## SUPPLIED RECORDS
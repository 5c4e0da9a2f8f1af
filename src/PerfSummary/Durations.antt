-- ===== src/PerfSummary/Durations.antt =====
-- python/ttl/_src/perf_summary.py: the durations of kernels from the lines of the profiler, and the
-- numbers of a summary for JSON.
--
-- A line is the list of its fields. Python's `strip` and `int` are parameters; `int` gives `none` where
-- it raises a ValueError.
use Prim.Native.String.{String}
use text.Mathlib.Text.{◌==◌ as str_eq}
use tt_lang.Prelude.{
  ℤ, sub_ℕ, ℕ, List, [], ◌∷◌, ◌++◌, length, get_elem?, Option, none, some, Bool, ◌&&◌, ◌||◌,
  if◌then◌else◌, ltb, ◌==◌,
}

-- What a kernel zone is named by: its run, its thread and its core.
pub record ZoneKey : Type 0 where
  pub run_id : ℕ
  pub thread : String
  pub cx : ℕ
  pub cy : ℕ

abbrev pub same_key : ZoneKey → ZoneKey → Bool
same_key k l =
    (k.run_id == l.run_id) && str_eq k.thread l.thread && (k.cx == l.cx) && (k.cy == l.cy)

-- A line that is not skipped.
pub record Row : Type 0 where
  pub key : ZoneKey
  pub zone_type : String
  pub ts : ℕ

abbrev pub Open : Type 0
Open = List (ZoneKey × ℕ)

abbrev pub find_open : ZoneKey → Open → Option ℕ
find_open k [] = none
find_open k ((j, t) ∷ open_zones) = if same_key j k then some t else find_open k open_zones

-- `zone_starts[key] = ts` and `del zone_starts[key]`
abbrev pub set_open : ZoneKey → ℕ → Open → Open
set_open k t [] = (k, t) ∷ []
set_open k t ((j, u) ∷ open_zones) =
    if same_key j k then (j, t) ∷ open_zones else (j, u) ∷ set_open k t open_zones

abbrev pub del_open : ZoneKey → Open → Open
del_open k [] = []
del_open k ((j, u) ∷ open_zones) =
    if same_key j k then open_zones else (j, u) ∷ del_open k open_zones

-- `durations[run_id][thread].append(duration)`, in two nested `defaultdict`s.
abbrev pub Threads : Type 0
Threads = List (String × List ℤ)

abbrev pub append_to_thread : String → ℤ → Threads → Threads
append_to_thread thread d [] = (thread, d ∷ []) ∷ []
append_to_thread thread d ((t, ds) ∷ rest) =
    if str_eq t thread then (t, ds ++ (d ∷ [])) ∷ rest else (t, ds) ∷ append_to_thread thread d rest

abbrev pub append_duration : ℕ → String → ℤ → List (ℕ × Threads) → List (ℕ × Threads)
append_duration run_id thread d [] = (run_id, append_to_thread thread d []) ∷ []
append_duration run_id thread d ((r, ts) ∷ rest) =
    if r == run_id
    then (r, append_to_thread thread d ts) ∷ rest
    else (r, ts) ∷ append_duration run_id thread d rest

abbrev pub close : Row → Option ℕ → Open × List (ℕ × Threads) → Open × List (ℕ × Threads)
close row none st = st
close row (some start) (open_zones, durations) = (
  del_open row.key open_zones,
  append_duration row.key.run_id row.key.thread (sub_ℕ row.ts start) durations,
)

unfoldable pub row_step : Row → Open × List (ℕ × Threads) → Open × List (ℕ × Threads)
row_step row (open_zones, durations) =
    if str_eq row.zone_type "ZONE_START"
    then (set_open row.key row.ts open_zones, durations)
    else if str_eq row.zone_type "ZONE_END"
    then close row (find_open row.key open_zones) (open_zones, durations)
    else (open_zones, durations)

abbrev pub is_kernel_zone : String → Bool
is_kernel_zone zone =
    str_eq zone "BRISC-KERNEL" || str_eq zone "NCRISC-KERNEL" || str_eq zone "TRISC-KERNEL"

module _ (strip : String → String) (int : String → Option ℕ) where
  abbrev pub and_then : {A B : Type 0} → Option A → (A → Option B) → Option B
  and_then none f = none
  and_then (some a) f = f a

  abbrev pub text_at : List String → ℕ → Option String
  text_at parts i = and_then (get_elem? parts i) (λ s. some (strip s))

  abbrev pub int_at : List String → ℕ → Option ℕ
  int_at parts i = and_then (text_at parts i) int

  -- `none` where the loop continues with the next line.
  unfoldable pub parse_row : List String → Option Row
  parse_row parts =
      if ltb (length parts) 12
      then none
      else and_then (text_at parts 3) λ thread. and_then (text_at parts 10) λ zone.
        and_then (text_at parts 11) λ zone_type.
          if is_kernel_zone zone
          then and_then (int_at parts 5) (λ ts. and_then (int_at parts 7) λ run_id.
            and_then (int_at parts 1) λ cx. and_then (int_at parts 2) λ cy. some record {
              key = record { run_id = run_id; thread = thread; cx = cx; cy = cy };
              zone_type = zone_type;
              ts = ts;
            })
          else none

  abbrev pub line_step : Option Row → Open × List (ℕ × Threads) → Open × List (ℕ × Threads)
  line_step none st = st
  line_step (some row) st = row_step row st

  abbrev pub read_lines : List (List String) → Open × List (ℕ × Threads) → Open × List (ℕ × Threads)
  read_lines [] st = st
  read_lines (parts ∷ lines) st = read_lines lines (line_step (parse_row parts) st)

  -- The lines behind the two of the header.
  unfoldable pub parse_kernel_durations : List (List String) → List (ℕ × Threads)
  unfolding parse_row row_step
  parse_kernel_durations lines = (read_lines lines ([], [])).1
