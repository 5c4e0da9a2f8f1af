-- ===== src/Stats/History.antt =====
-- python/sim/stats.py: histories of calls, and what is recorded in them.
use Prim.Native.String.{String}
use tt_lang.Prelude.{ℤ, ℕ, ◌+◌, List, [], ◌∷◌, Bool, true, false, if◌then◌else◌}
use tt_lang.Pipe.{Pipe}
use tt_lang.Stats.{
  TensorInfo, DfbInfo, Stats, enable_stats, disable_stats, reset_stats, calculate_tensor_tiles,
  calculate_block_tiles, record_tensor_read, record_tensor_write, record_pipe_read,
  record_pipe_write, record_dfb_reserve, record_dfb_wait,
}

-- A call that is recorded.
pub data Record : Type 0 where
  tensor_read : TensorInfo → Record
  tensor_write : TensorInfo → Record
  pipe_read : Pipe → List TensorInfo → Record
  pipe_write : Pipe → List TensorInfo → Record
  dfb_reserve : DfbInfo → ℕ → Record
  dfb_wait : DfbInfo → ℕ → Record

pub data Event : Type 0 where
  enable : Event
  disable : Event
  reset : Event
  op : Record → Event

abbrev pub tiles : Record → ℕ
tiles (tensor_read t) = calculate_tensor_tiles t
tiles (tensor_write t) = calculate_tensor_tiles t
tiles (pipe_read p ts) = calculate_block_tiles ts
tiles (pipe_write p ts) = calculate_block_tiles ts
tiles (dfb_reserve d n) = n
tiles (dfb_wait d n) = n

-- The kinds of records.
abbrev pub is_tensor_read : Record → Bool
is_tensor_read (tensor_read t) = true
is_tensor_read _ = false

abbrev pub is_tensor_write : Record → Bool
is_tensor_write (tensor_write t) = true
is_tensor_write _ = false

abbrev pub is_pipe_read : Record → Bool
is_pipe_read (pipe_read p ts) = true
is_pipe_read _ = false

abbrev pub is_pipe_write : Record → Bool
is_pipe_write (pipe_write p ts) = true
is_pipe_write _ = false

abbrev pub is_dfb_reserve : Record → Bool
is_dfb_reserve (dfb_reserve d n) = true
is_dfb_reserve _ = false

abbrev pub is_dfb_wait : Record → Bool
is_dfb_wait (dfb_wait d n) = true
is_dfb_wait _ = false

-- How many records of a log meet a test, and how many tiles they moved.
abbrev pub calls_of : (Record → Bool) → List Record → ℕ
calls_of p [] = 0
calls_of p (r ∷ rs) = (if p r then 1 else 0) + calls_of p rs

abbrev pub tiles_of : (Record → Bool) → List Record → ℕ
tiles_of p [] = 0
tiles_of p (r ∷ rs) = (if p r then tiles r else 0) + tiles_of p rs

-- The calls that count: those since the last reset that came while the statistics were on. The
-- latest comes first.
abbrev pub logged : Bool → List Record → List Event → List Record
logged on log [] = log
logged on log (enable ∷ es) = logged true log es
logged on log (disable ∷ es) = logged false log es
logged on log (reset ∷ es) = logged on [] es
logged on log (op r ∷ es) = logged on (if on then r ∷ log else log) es

abbrev pub start : Stats
start = record {
  stats_enabled = false;
  stats_by_name = [];
  pipe_stats_by_name = [];
  dfb_stats_by_name = [];
  dfb_name_counter = 0;
}

module _ (str : ℤ → String) where
  abbrev pub record_call : Record → Stats → Stats
  record_call (tensor_read t) = record_tensor_read str t
  record_call (tensor_write t) = record_tensor_write str t
  record_call (pipe_read p ts) = record_pipe_read str p ts
  record_call (pipe_write p ts) = record_pipe_write str p ts
  record_call (dfb_reserve d n) = record_dfb_reserve str d n
  record_call (dfb_wait d n) = record_dfb_wait str d n

  abbrev pub step : Event → Stats → Stats
  step enable s = enable_stats s
  step disable s = disable_stats s
  step reset s = reset_stats s
  step (op r) s = record_call r s

  abbrev pub run : List Event → Stats → Stats
  run [] s = s
  run (e ∷ es) s = run es (step e s)
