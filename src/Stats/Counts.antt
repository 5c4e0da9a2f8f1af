-- ===== src/Stats/Counts.antt =====
-- python/sim/stats.py: what a change of one entry does to a counter of every entry, and to the
-- counter's sum over a table.
use Prim.Native.String.{String}
use text.Mathlib.Text.{◌==◌ as str_eq}
use text.Mathlib.TextEquality.{eq_iff}
use tt_lang.Prelude.{ℕ, ◌+◌, ◌≡◌, refl, List, [], ◌∷◌, Bool, true, false, if◌then◌else◌, arith}
use tt_lang.Stats.{Table, entry, change}

-- A table that is not empty after a change.
abbrev pub is_empty {ℓ} : {A : Type ℓ} → List A → Bool
is_empty [] = true
is_empty (x ∷ xs) = false

abbrev pub sum_of : {V : Type 0} → (V → ℕ) → Table V → ℕ
sum_of counter [] = 0
sum_of counter ((k, v) ∷ t) = counter v + sum_of counter t

module _ {V : Type 0} (default : V) (k : String) (f : V → V) where
  pub is_empty-change : (t : Table V) → is_empty (change default k f t) ≡ false
  is_empty-change [] = refl
  is_empty-change ((j, v) ∷ t) = ground (arith, eq_iff j k)

  module _ (counter : V → ℕ) (n : ℕ) (grows : (v : V) → counter (f v) ≡ counter v + n) where
    pub entry-change :
        (m : String) (t : Table V)
        → counter (entry default m (change default k f t))
          ≡ counter (entry default m t) + (if str_eq k m then n else 0)
    entry-change m [] = ground (arith, eq_iff k m, grows default)
    entry-change m ((j, v) ∷ t) =
        ground (arith, eq_iff j k, eq_iff j m, eq_iff k m, grows v, entry-change m t)

    pub sum_of-change :
        counter default ≡ 0
        → (t : Table V) → sum_of counter (change default k f t) ≡ sum_of counter t + n
    sum_of-change z [] = omega (arith, grows default)
    sum_of-change z ((j, v) ∷ t) = ground (arith, eq_iff j k, grows v, sum_of-change z t)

## PROBLEM REQUIREMENTS
From the listing above, return the lines starting at the one with "dfb_name_counter = 0;" and ending at the one with "entry-change m ((j, v)", both kept, exactly as they appear and nothing more.

## ANSWER TO THIS TASK
  dfb_name_counter = 0;
}

module _ (str : ℤ → String) where
  abbrev pub record_call : Record → Stats → Stats
  record_call (tensor_read t) = record_tensor_read str t
  record_call (tensor_write t) = record_tensor_write str t
  record_call (pipe_read p ts) = record_pipe_read str p ts
  record_call (pipe_write p ts) = record_pipe_write str p ts
  record_call (dfb_reserve d n) = record_dfb_reserve str d n
  record_call (dfb_wait d n) = record_dfb_wait str d n

  abbrev pub step : Event → Stats → Stats
  step enable s = enable_stats s
  step disable s = disable_stats s
  step reset s = reset_stats s
  step (op r) s = record_call r s

  abbrev pub run : List Event → Stats → Stats
  run [] s = s
  run (e ∷ es) s = run es (step e s)
filename src/Stats/Counts.antt
repository 5c4e0da9a2f8f1af
-- ===== src/Stats/Counts.antt =====
-- python/sim/stats.py: what a change of one entry does to a counter of every entry, and to the
-- counter's sum over a table.
use Prim.Native.String.{String}
use text.Mathlib.Text.{◌==◌ as str_eq}
use text.Mathlib.TextEquality.{eq_iff}
use tt_lang.Prelude.{ℕ, ◌+◌, ◌≡◌, refl, List, [], ◌∷◌, Bool, true, false, if◌then◌else◌, arith}
use tt_lang.Stats.{Table, entry, change}

-- A table that is not empty after a change.
abbrev pub is_empty {ℓ} : {A : Type ℓ} → List A → Bool
is_empty [] = true
is_empty (x ∷ xs) = false

abbrev pub sum_of : {V : Type 0} → (V → ℕ) → Table V → ℕ
sum_of counter [] = 0
sum_of counter ((k, v) ∷ t) = counter v + sum_of counter t

module _ {V : Type 0} (default : V) (k : String) (f : V → V) where
  pub is_empty-change : (t : Table V) → is_empty (change default k f t) ≡ false
  is_empty-change [] = refl
  is_empty-change ((j, v) ∷ t) = ground (arith, eq_iff j k)

  module _ (counter : V → ℕ) (n : ℕ) (grows : (v : V) → counter (f v) ≡ counter v + n) where
    pub entry-change :
        (m : String) (t : Table V)
        → counter (entry default m (change default k f t))
          ≡ counter (entry default m t) + (if str_eq k m then n else 0)
    entry-change m [] = ground (arith, eq_iff k m, grows default)
    entry-change m ((j, v) ∷ t) =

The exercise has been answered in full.